**Stored records**
:::::

-- ===== src/Executor/Scheduler.antt =====
-- internal/runtime/executor/scheduler.go: the scheduling points, where a node is admitted, shed, or
-- invokes its provider.

use realtime_speech_pipeline.Base.{
  ℕ, suc, String, Bool, Option, none, some, List, [], ◌∷◌, if◌then◌else◌,
}
use realtime_speech_pipeline.Base.Effects.{Effect, pure, lift, ◌>>◌}
use realtime_speech_pipeline.Base.Int.{ℤ, pos, ltℤ, non_negative, add64, sub64}
use realtime_speech_pipeline.Base.Text.{fallback}
use realtime_speech_pipeline.ControlPlane.Outcome.{DecisionOutcome}
use realtime_speech_pipeline.EventAbi.Types.{Lane, PayloadClass, SignalName, Emitter}
use realtime_speech_pipeline.EventAbi.Signal
use realtime_speech_pipeline.EventAbi.Signal.{ControlSignal, blank, scope_for, scope_text_for}
use realtime_speech_pipeline.Provider.Contracts.{Modality, OutcomeClass, class_text, modality_text}
use realtime_speech_pipeline.Provider.Requests.{
  InvocationInput, InvocationAttempt, InvocationResult,
}
use realtime_speech_pipeline.Timeline.{ProviderAttemptEvidence}
use realtime_speech_pipeline.Executor.Specs.{ProviderInvocationInput}

pub record SchedulingInput : Type 0 where
  pub session_id : String
  pub turn_id : String
  pub event_id : String
  pub pipeline_version : String
  pub transport_sequence : ℤ
  pub runtime_sequence : ℤ
  pub authority_epoch : ℤ
  pub runtime_timestamp_ms : ℤ
  pub wall_clock_timestamp_ms : ℤ
  pub shed : Bool
  pub reason : String
  pub provider_invocation : Option ProviderInvocationInput

pub record ProviderDecision : Type 0 where
  pub provider_invocation_id : String
  pub modality : Modality
  pub selected_provider : String
  pub outcome_class : OutcomeClass
  pub retryable : Bool
  pub retry_decision : String
  pub attempts : ℕ
  pub signals : List ControlSignal

pub record SchedulingDecision : Type 0 where
  pub allowed : Bool
  pub outcome : Option DecisionOutcome
  pub control_signal : Option ControlSignal
  pub provider : Option ProviderDecision

-- What a scheduler is wired to, as the interfaces it calls; `none` is nil. The identity service is
-- known by the event ids that it gives. `append_snapshot` is the building of an invocation snapshot
-- together with its appender.
pub record Services (World : Type 0) : Type 0 where
  pub invoke : Option (InvocationInput → Effect World InvocationResult)
  pub append_attempts : Option (List ProviderAttemptEvidence → Effect World (Unit {0}))
  pub append_snapshot :
      Option (
        SchedulingInput → InvocationResult → List ProviderAttemptEvidence → Effect World (Unit {0}))
  pub new_event_id : Option ((session_id turn_id : String) → Effect World String)

abbrev pub default_pipeline_version : String → String
default_pipeline_version version = fallback version "pipeline-v1"

unfoldable pub shed_signal : SchedulingInput → (reason : String) → ControlSignal
shed_signal req reason = record blank {
  schema_version = "v1.0";
  event_scope = scope_for req.turn_id;
  session_id = req.session_id;
  turn_id = req.turn_id;
  pipeline_version = default_pipeline_version req.pipeline_version;
  event_id = req.event_id;
  lane = Lane.control_lane;
  transport_sequence = some (non_negative req.transport_sequence);
  runtime_sequence = non_negative req.runtime_sequence;
  authority_epoch = non_negative req.authority_epoch;
  runtime_timestamp_ms = non_negative req.runtime_timestamp_ms;
  wall_clock_ms = non_negative req.wall_clock_timestamp_ms;
  payload_class = PayloadClass.metadata;
  signal = SignalName.shed;
  emitted_by = Emitter.rk25;
  reason = reason;
  scope = scope_text_for req.turn_id;
}

unfoldable pub build_shed_control_signal :
    {World : Type 0} → SchedulingInput → String → Effect World ControlSignal
build_shed_control_signal req reason = do
  lift (Signal.validate (shed_signal req reason))
  pure (shed_signal req reason)

-- The latency of an attempt, from the wall clock of the attempt before, if any.
unfoldable pub latency : (wall : ℤ) → (previous : Option ℤ) → ℤ
latency wall none = pos 0
latency wall (some previous) = if ltℤ previous wall then sub64 wall previous else pos 0

unfoldable pub attempt_evidence :
    SchedulingInput
    → Modality
    → InvocationResult
    → (offset : ℤ) → (previous : Option ℤ) → InvocationAttempt
    → ProviderAttemptEvidence
attempt_evidence req modality result offset previous attempt =
    let wall = add64 (non_negative req.wall_clock_timestamp_ms) offset in
    record {
      session_id = req.session_id;
      turn_id = req.turn_id;
      pipeline_version = default_pipeline_version req.pipeline_version;
      event_id = req.event_id;
      provider_invocation_id = result.provider_invocation_id;
      modality = modality_text modality;
      provider_id = attempt.provider_id;
      attempt = pos attempt.attempt;
      outcome_class = class_text attempt.outcome.class;
      retryable = attempt.outcome.retryable;
      retry_decision = fallback result.retry_decision "none";
      attempt_latency_ms = latency wall previous;
      transport_sequence = add64 (non_negative req.transport_sequence) offset;
      runtime_sequence = add64 (non_negative req.runtime_sequence) offset;
      authority_epoch = non_negative req.authority_epoch;
      runtime_timestamp_ms = add64 (non_negative req.runtime_timestamp_ms) offset;
      wall_clock_timestamp_ms = wall;
    }

-- The loop over the attempts, from the one at `index` on.
unfoldable pub evidence_from :
    SchedulingInput
    → Modality
    → InvocationResult
    → (index : ℕ) → (previous : Option ℤ) → List InvocationAttempt
    → List ProviderAttemptEvidence
evidence_from req modality result index previous [] = []
evidence_from req modality result index previous (attempt ∷ rest) =
    let evidence = attempt_evidence req modality result (pos index) previous attempt in
    evidence
    ∷ evidence_from req modality result (suc index) (some evidence.wall_clock_timestamp_ms) rest

unfoldable pub build_attempt_evidence :
    SchedulingInput → Modality → InvocationResult → List ProviderAttemptEvidence
build_attempt_evidence req modality result =
    evidence_from req modality result 0 none result.attempts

:::::

**WHAT YOU HAVE TO DO**
Go through the data and copy each line exactly as it was written.

**ANSWER TO THE EXERCISE**
-- ===== src/Executor/Scheduler.antt =====
-- internal/runtime/executor/scheduler.go: the scheduling points, where a node is admitted, shed, or
-- invokes its provider.

use realtime_speech_pipeline.Base.{
  ℕ, suc, String, Bool, Option, none, some, List, [], ◌∷◌, if◌then◌else◌,
}
use realtime_speech_pipeline.Base.Effects.{Effect, pure, lift, ◌>>◌}
use realtime_speech_pipeline.Base.Int.{ℤ, pos, ltℤ, non_negative, add64, sub64}
use realtime_speech_pipeline.Base.Text.{fallback}
use realtime_speech_pipeline.ControlPlane.Outcome.{DecisionOutcome}
use realtime_speech_pipeline.EventAbi.Types.{Lane, PayloadClass, SignalName, Emitter}
use realtime_speech_pipeline.EventAbi.Signal
use realtime_speech_pipeline.EventAbi.Signal.{ControlSignal, blank, scope_for, scope_text_for}
use realtime_speech_pipeline.Provider.Contracts.{Modality, OutcomeClass, class_text, modality_text}
use realtime_speech_pipeline.Provider.Requests.{
  InvocationInput, InvocationAttempt, InvocationResult,
}
use realtime_speech_pipeline.Timeline.{ProviderAttemptEvidence}
use realtime_speech_pipeline.Executor.Specs.{ProviderInvocationInput}

pub record SchedulingInput : Type 0 where
  pub session_id : String
  pub turn_id : String
  pub event_id : String
  pub pipeline_version : String
  pub transport_sequence : ℤ
  pub runtime_sequence : ℤ
  pub authority_epoch : ℤ
  pub runtime_timestamp_ms : ℤ
  pub wall_clock_timestamp_ms : ℤ
  pub shed : Bool
  pub reason : String
  pub provider_invocation : Option ProviderInvocationInput

pub record ProviderDecision : Type 0 where
  pub provider_invocation_id : String
  pub modality : Modality
  pub selected_provider : String
  pub outcome_class : OutcomeClass
  pub retryable : Bool
  pub retry_decision : String
  pub attempts : ℕ
  pub signals : List ControlSignal

pub record SchedulingDecision : Type 0 where
  pub allowed : Bool
  pub outcome : Option DecisionOutcome
  pub control_signal : Option ControlSignal
  pub provider : Option ProviderDecision

-- What a scheduler is wired to, as the interfaces it calls; `none` is nil. The identity service is
-- known by the event ids that it gives. `append_snapshot` is the building of an invocation snapshot
-- together with its appender.
pub record Services (World : Type 0) : Type 0 where
  pub invoke : Option (InvocationInput → Effect World InvocationResult)
  pub append_attempts : Option (List ProviderAttemptEvidence → Effect World (Unit {0}))
  pub append_snapshot :
      Option (
        SchedulingInput → InvocationResult → List ProviderAttemptEvidence → Effect World (Unit {0}))
  pub new_event_id : Option ((session_id turn_id : String) → Effect World String)

abbrev pub default_pipeline_version : String → String
default_pipeline_version version = fallback version "pipeline-v1"

unfoldable pub shed_signal : SchedulingInput → (reason : String) → ControlSignal
shed_signal req reason = record blank {
  schema_version = "v1.0";
  event_scope = scope_for req.turn_id;
  session_id = req.session_id;
  turn_id = req.turn_id;
  pipeline_version = default_pipeline_version req.pipeline_version;
  event_id = req.event_id;
  lane = Lane.control_lane;
  transport_sequence = some (non_negative req.transport_sequence);
  runtime_sequence = non_negative req.runtime_sequence;
  authority_epoch = non_negative req.authority_epoch;
  runtime_timestamp_ms = non_negative req.runtime_timestamp_ms;
  wall_clock_ms = non_negative req.wall_clock_timestamp_ms;
  payload_class = PayloadClass.metadata;
  signal = SignalName.shed;
  emitted_by = Emitter.rk25;
  reason = reason;
  scope = scope_text_for req.turn_id;
}

unfoldable pub build_shed_control_signal :
    {World : Type 0} → SchedulingInput → String → Effect World ControlSignal
build_shed_control_signal req reason = do
  lift (Signal.validate (shed_signal req reason))
  pure (shed_signal req reason)

-- The latency of an attempt, from the wall clock of the attempt before, if any.
unfoldable pub latency : (wall : ℤ) → (previous : Option ℤ) → ℤ
latency wall none = pos 0
latency wall (some previous) = if ltℤ previous wall then sub64 wall previous else pos 0

unfoldable pub attempt_evidence :
    SchedulingInput
    → Modality
    → InvocationResult
    → (offset : ℤ) → (previous : Option ℤ) → InvocationAttempt
    → ProviderAttemptEvidence
attempt_evidence req modality result offset previous attempt =
    let wall = add64 (non_negative req.wall_clock_timestamp_ms) offset in
    record {
      session_id = req.session_id;
      turn_id = req.turn_id;
      pipeline_version = default_pipeline_version req.pipeline_version;
      event_id = req.event_id;
      provider_invocation_id = result.provider_invocation_id;
      modality = modality_text modality;
      provider_id = attempt.provider_id;
      attempt = pos attempt.attempt;
      outcome_class = class_text attempt.outcome.class;
      retryable = attempt.outcome.retryable;
      retry_decision = fallback result.retry_decision "none";
      attempt_latency_ms = latency wall previous;
      transport_sequence = add64 (non_negative req.transport_sequence) offset;
      runtime_sequence = add64 (non_negative req.runtime_sequence) offset;
      authority_epoch = non_negative req.authority_epoch;
      runtime_timestamp_ms = add64 (non_negative req.runtime_timestamp_ms) offset;
      wall_clock_timestamp_ms = wall;
    }

-- The loop over the attempts, from the one at `index` on.
unfoldable pub evidence_from :
    SchedulingInput
    → Modality
    → InvocationResult
    → (index : ℕ) → (previous : Option ℤ) → List InvocationAttempt
    → List ProviderAttemptEvidence
evidence_from req modality result index previous [] = []
evidence_from req modality result index previous (attempt ∷ rest) =
    let evidence = attempt_evidence req modality result (pos index) previous attempt in
    evidence
    ∷ evidence_from req modality result (suc index) (some evidence.wall_clock_timestamp_ms) rest

unfoldable pub build_attempt_evidence :
    SchedulingInput → Modality → InvocationResult → List ProviderAttemptEvidence
build_attempt_evidence req modality result =
    evidence_from req modality result 0 none result.attempts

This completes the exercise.